Her eventual entry into Mission Samriddhi came at a time when the organisation itself was still evolving. The role was not predefined; it took shape through the work.

Translating Design Across Contexts

Her first major engagement was an action research initiative on gram panchayat planning, in partnership with the National Institute of Rural Development and Panchayati Raj.

Implemented across Assam, Chhattisgarh, and Maharashtra, the project focused on strengthening the community-centric process behind preparing Gram Panchayat Development Plans (GPDPs). While the domain was new, the challenge was familiar: building systems from the ground up.

The transferability of skills became immediately evident.

Designing workflows, building teams, setting up monitoring systems, and structuring operations proved equally relevant in rural development. These capabilities had been honed in biopharma.

“Every new role was like building a startup,” she says. “Operational capabilities travel across sectors, even when domain knowledge does not. What changes is the context; what remains is the logic of design.”

From Projects to Program Design

As Mission Samriddhi expanded its work, a new constraint emerged: fragmentation in how its interventions were organised across geographies and themes.

Interventions were spread across geographies and themes without a unifying structure. The need was not for more projects, but for a programmatic design that could scale.

This led to the development of the Cluster Development Program (CDP), anchored on a broader Community Development Framework (CDF), and designed as a “common minimum program” that could be adapted across contexts while maintaining a shared framework.

Its initial rollout coincided with the pandemic, forcing training and coordination to shift into modular, digital formats. What began as a constraint accelerated standardisation and expanded reach.

“The experience demonstrated that scale is not achieved by expansion alone,” Sharmishtha reflects. “It requires standardisation of processes and learning systems before replication becomes viable.”

Where Policy Breaks Down

Working at the level of panchayats brought her face-to-face with the limits of policy design. The architecture is extensive; the constraint lies in its use.
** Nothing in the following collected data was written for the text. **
-- ===== src/Api/Meta.antt =====
-- Object metadata and instants, as the Kubernetes API machinery has them: the fields that the
-- controller uses. An instant is a number of nanoseconds since Go's zero time; `*metav1.Time` is
-- an `Option`.
use vihara.Prelude.{String, Bool, true, Option, none, some, List, Map, ℤ, pos, eqb_ℤ}

abbrev pub Time : Type 0
Time = ℤ

abbrev pub Duration : Type 0
Duration = ℤ

-- `time.Time{}`
abbrev pub zero_time : Time
zero_time = pos 0

-- `time.Time.IsZero`
abbrev pub is_zero : Time → Bool
is_zero t = eqb_ℤ t zero_time

-- `metav1.Time.IsZero`, true of nil
abbrev pub is_zero? : Option Time → Bool
is_zero? none = true
is_zero? (some t) = is_zero t

-- `metav1.Time.Equal`
abbrev pub equal_time : Option Time → Option Time → Bool
equal_time none none = true
equal_time (some t) (some u) = eqb_ℤ t u
equal_time _ _ = Bool.false

pub record OwnerReference : Type 0 where
  pub kind : String
  pub name : String
  pub uid : String
  pub controller : Option Bool
  pub block_owner_deletion : Option Bool

pub record ObjectMeta : Type 0 where
  pub name : String
  pub namespace : String
  pub uid : String
  pub labels : Map String
  pub creation_timestamp : Time
  pub deletion_timestamp : Option Time
  pub owner_references : List OwnerReference

abbrev pub empty_meta : ObjectMeta
empty_meta = record {
  name = "";
  namespace = "";
  uid = "";
  labels = List.[];
  creation_timestamp = zero_time;
  deletion_timestamp = none;
  owner_references = List.[];
}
At the level of elected representatives, awareness is often minimal. Training programmes exist, but are frequently one-time, procedural, and disconnected from lived realities.

“They are often done as a tick-the-box exercise,” she notes. “Capacity-building is treated as an event, rather than a process.”

The consequences are systemic. Schemes remain underutilised, funds unspent, and planning processes weak. The issue is not policy availability, but institutional capacity.

Seeing Change Up Close

If the biopharma system created distance, this work created proximity.

She recalls a woman sarpanch from Sonbhadra, Uttar Pradesh who participated in Samriddhi Yatra: an experiential exposure visit to Kerala. Initially hesitant, she gradually found her voice through peer exchange and facilitation.

That shift translated into action. She contested elections again, articulated development priorities, and began to lead.

Such transformations are small in scale, but significant in implication.

“Exposure can trigger non-linear change when combined with agency,” Sharmishtha emphasises. “It reshapes not just outcomes, but self-perception.”

From Practice to Policy Integration

As grassroots initiatives mature, the question is no longer about isolated success, but systemic integration.

India’s development architecture has expanded the front end: schemes, funding, and intent. The next frontier lies in strengthening the institutional layers that make these usable.

Capacity-building must become continuous and localised, not episodic and centralised. Mentorship must be embedded within governance systems. Cluster-level frameworks can bridge scale and context. Grassroots organisations must be recognised as partners within formal policy structures.

The challenge is not designing schemes. It is designing the institutions that make them work.

For practitioners like Sharmishtha, the journey is not about moving between sectors, but about translating systems thinking across them, until impact is not only delivered, but also seen.